胡炎鞠躬回禮,繼續道:“咱津城是曲藝之鄉,老少爺們都愛聽相聲,也懂相聲。說實話,我這個津城人站在家鄉父老面前使活兒,心里也非常的緊張。”
“所有相聲演員來津城演出都緊張。”
“演員壓力一大,就難免鬧點笑料,尤其是年輕的演員,剛才我們的燒餅和孟賀堂,就在老少爺們面前露了怯。”
“發揮的不是很好。”
“他們太年輕了,但是對衣食父母的這份尊敬,那是打心里透出來的。這會兒我接了場,也在這里給大伙再鞠一躬,希望大家多多擔待!”
“多鼓勵!”孫悅也補了一句。
倆人又退后一步,朝觀眾深鞠一躬。
演出出問題,自然不是好事。
但既然已經出了,那也別藏著掖著,大大方方的承認,話說好聽一點,態度誠懇一些,這是最好的處理方式。

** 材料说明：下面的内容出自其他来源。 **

-- ===== src/Crypto.antt =====
-- The primitives that the source takes from other crates (ed25519-dalek, x25519-dalek, sha2, hkdf,
-- chacha20poly1305, blake3, uuid, serde_json), as one record, with the laws that the theorems
-- assume of them; and the parts of crates/y7ke-core/src/crypto that the source computes itself.
-- A key or a signature is the number that its bytes spell; random values are arguments.
use Prim.Native.Nat.{bit_and, bit_or}
use y7ke.Prelude.{ℕ, zero, suc, ◌≡◌, true, Bool, Option, some, [], ◌∷◌, take}
use y7ke.Bytes.{Bytes, to_be_bytes}

-- crates/y7ke-app/src/messaging.rs
pub data ControlPayload : Type 0 where
  rejected_request accepted_request chat_deleted : ControlPayload

pub record Crypto : Type 0 where
  pub verifying_key : ℕ → ℕ
  pub is_point : ℕ → Bool
  pub sign : ℕ → Bytes → ℕ
  pub verify : ℕ → Bytes → ℕ → Bool
  pub to_montgomery : ℕ → ℕ
  pub sha512 : Bytes → Bytes
  pub static_dh : Bytes → ℕ → Bytes
  pub eph_public : ℕ → ℕ
  pub eph_dh : ℕ → ℕ → Bytes
  pub hkdf_expand : Bytes → Bytes → Bytes → ℕ → Option Bytes
  pub encrypt : Bytes → ℕ → Bytes → Bytes → Option Bytes
  pub decrypt : Bytes → ℕ → Bytes → Bytes → Option Bytes
  pub blake3 : Bytes → Bytes
  pub uuid_timestamp : ℕ → Option (ℕ × ℕ)
  pub control_to_json : ControlPayload → Option Bytes
  pub control_from_json : Bytes → Option ControlPayload

-- `scalar[0] &= 248; scalar[31] &= 127; scalar[31] |= 64`
clamp_last : ℕ → Bytes → Bytes
clamp_last n [] = []
clamp_last zero (b ∷ bs) = bit_or (bit_and b 127) 64 ∷ bs
clamp_last (suc n) (b ∷ bs) = b ∷ clamp_last n bs

clamp : Bytes → Bytes
unfolding clamp_last
clamp [] = []
clamp (b ∷ bs) = bit_and b 248 ∷ clamp_last 30 bs

-- `SigningKey::to_x25519_scalar`
unfoldable pub to_x25519_scalar : Crypto → ℕ → Bytes
unfolding clamp
to_x25519_scalar c me = clamp (take 32 (c.sha512 (to_be_bytes 32 me)))

-- What the crates document of these primitives.
pub record CryptoLaws (c : Crypto) : Type 0 where
  pub verify-sign :
      (sk : ℕ) (msg : Bytes) → c.verify (c.verifying_key sk) msg (c.sign sk msg) ≡ true
  pub is_point-verifying_key : (sk : ℕ) → c.is_point (c.verifying_key sk) ≡ true
  pub decrypt-encrypt :
      (key : Bytes) (nonce : ℕ) (msg aad ct : Bytes)
      → c.encrypt key nonce msg aad ≡ some ct
      → c.decrypt key nonce ct aad ≡ some msg
  pub static_dh_comm :
      (a b : ℕ)
      → c.static_dh (to_x25519_scalar c a) (c.to_montgomery (c.verifying_key b))
        ≡ c.static_dh (to_x25519_scalar c b) (c.to_montgomery (c.verifying_key a))
  pub eph_dh_comm : (a b : ℕ) → c.eph_dh a (c.eph_public b) ≡ c.eph_dh b (c.eph_public a)
  pub from_json-to_json :
      (p : ControlPayload) (bs : Bytes)
      → c.control_to_json p ≡ some bs
      → c.control_from_json bs ≡ some p
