-- ===== src/Sql.antt =====
-- The statements that the storage layer sends to SQLite, on a table given as the list of its rows
-- in the order of their insertion.
pub mod Rows
use y7ke.Prelude.{Bool, not, List, [], ◌∷◌, ◌++◌, if◌then◌else◌, retain, any}

module _ {A : Type 0} where
  -- SELECT ... WHERE p
  abbrev pub select : (A → Bool) → List A → List A
  select p rows = retain p rows

  -- UPDATE ... SET f WHERE p
  unfoldable pub update_where : (A → Bool) → (A → A) → List A → List A
  update_where p f [] = []
  update_where p f (x ∷ xs) = (if p x then f x else x) ∷ update_where p f xs

  -- DELETE ... WHERE p
  unfoldable pub delete_where : (A → Bool) → List A → List A
  delete_where p rows = retain (λ a. not (p a)) rows

  -- INSERT ... ON CONFLICT(key) DO UPDATE SET f, where p tests the key
  unfoldable pub upsert : (A → Bool) → A → (A → A) → List A → List A
  unfolding update_where
  upsert p new f rows = if any p rows then update_where p f rows else rows ++ new ∷ []

  -- INSERT OR IGNORE, where p tests the key
  unfoldable pub insert_or_ignore : (A → Bool) → A → List A → List A
  insert_or_ignore p new rows = if any p rows then rows else rows ++ new ∷ []
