-- ===== src/Storage/Contacts.antt =====
-- crates/y7ke-storage/src/dao/contacts.rs: the address book, keyed by `y7_id`. A row holds the
-- decoded values; the clock is an argument.
use y7ke.Prelude.{
  ℕ, String, Bool, true, false, not, Option, List, ◌==◌, if◌then◌else◌, any, find, sort_by,
}
use y7ke.Sql.{select, update_where, upsert}
use y7ke.Ident.{Y7Id}
use y7ke.Status.{ContactStatus, removed, Result, ok, err, not_found}

pub record Contact : Type 0 where
  pub y7_id : Y7Id
  pub ed25519_pub : ℕ
  pub nickname : Option String
  pub added_at : ℕ
  pub status : ContactStatus

pub record NewContact : Type 0 where
  pub y7_id : Y7Id
  pub ed25519_pub : ℕ
  pub nickname : Option String
  pub status : ContactStatus

abbrev pub has_id : Y7Id → Contact → Bool
has_id y7 c = c.y7_id == y7

abbrev pub new_row : NewContact → ℕ → Contact
new_row c added_at = record {
  y7_id = c.y7_id;
  ed25519_pub = c.ed25519_pub;
  nickname = c.nickname;
  added_at = added_at;
  status = c.status;
}

-- On conflict the row keeps its `added_at`; the contact that comes back has the new one.
unfoldable pub insert : List Contact → NewContact → ℕ → List Contact × Contact
insert rows c now = (
  upsert (has_id c.y7_id) (new_row c now)
      (λ old. record old { ed25519_pub = c.ed25519_pub; nickname = c.nickname; status = c.status })
      rows,
  new_row c now,
)

unfoldable pub update_status : List Contact → Y7Id → ContactStatus → Result (List Contact)
update_status rows y7 status =
    if any (has_id y7) rows
    then ok (update_where (has_id y7) (λ c. record c { status = status }) rows)
    else err not_found

unfoldable pub get : List Contact → Y7Id → Option Contact
get rows y7 = find (has_id y7) rows

abbrev pub is_removed : ContactStatus → Bool
is_removed removed = true
is_removed _ = false

unfoldable pub list : List Contact → List Contact
list rows = sort_by (λ c. c.added_at) (select (λ c. not (is_removed c.status)) rows)
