-- ===== src/Storage/Sessions.antt =====
-- crates/y7ke-storage/src/dao/sessions.rs: which peers have completed a handshake.
use y7ke.Prelude.{ℕ, Bool, Option, List, ◌==◌, find}
use y7ke.Sql.{update_where, upsert}
use y7ke.Ident.{Y7Id}

pub record Session : Type 0 where
  pub peer_y7_id : Y7Id
  pub established_at : ℕ
  pub last_used_at : ℕ

abbrev pub has_peer : Y7Id → Session → Bool
has_peer peer s = s.peer_y7_id == peer

unfoldable pub upsert_session : List Session → Y7Id → ℕ → List Session
upsert_session rows peer now =
    upsert (has_peer peer) (record { peer_y7_id = peer; established_at = now; last_used_at = now })
      (λ s. record s { last_used_at = now }) rows

unfoldable pub get : List Session → Y7Id → Option Session
get rows peer = find (has_peer peer) rows

unfoldable pub touch : List Session → Y7Id → ℕ → List Session
touch rows peer now = update_where (has_peer peer) (λ s. record s { last_used_at = now }) rows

何況津城人講究面子,你把面子給足了人家,人家心里一舒坦,自然容易揭過去了。
而且這事兒不能拖,就跟魚刺似的,再小的刺,它也是刺吶。
所以胡炎一開場,直接給了全場近兩千人一個交待。
刺拔了,或是軟化了,這對自己接下來的演出,都非常重要。
果然,觀眾送上了禮貌性的掌聲。
后臺的郭德剛看得暗自點頭,小師叔這舞臺規矩、控場的能力,都算是非常顯能耐了。
清賬已經清,這要正式開始使活兒了。
只是等胡炎再次起身,發現還是不行。
因為他敏銳的發現,底下還有小部分觀眾的目光,依然盯著桌子上的桿鉤子。
這就是兩難的事情。
不下猛藥,難治重病。
同樣,病好之后,后遺癥自然也在所難免。
當然,任何的分神,對于演出效果都是不利的。
這是胡炎所不允許的,不行,還得再想招兒。
琢磨歸琢磨,活兒是不能停的。
胡炎繼續笑道:“感謝,感謝大家的鼓勵。不過話說回來,雖然來咱津城演出的壓力大,但要論相聲的舞臺,還得是咱津城的感覺最好。”
“為什么?”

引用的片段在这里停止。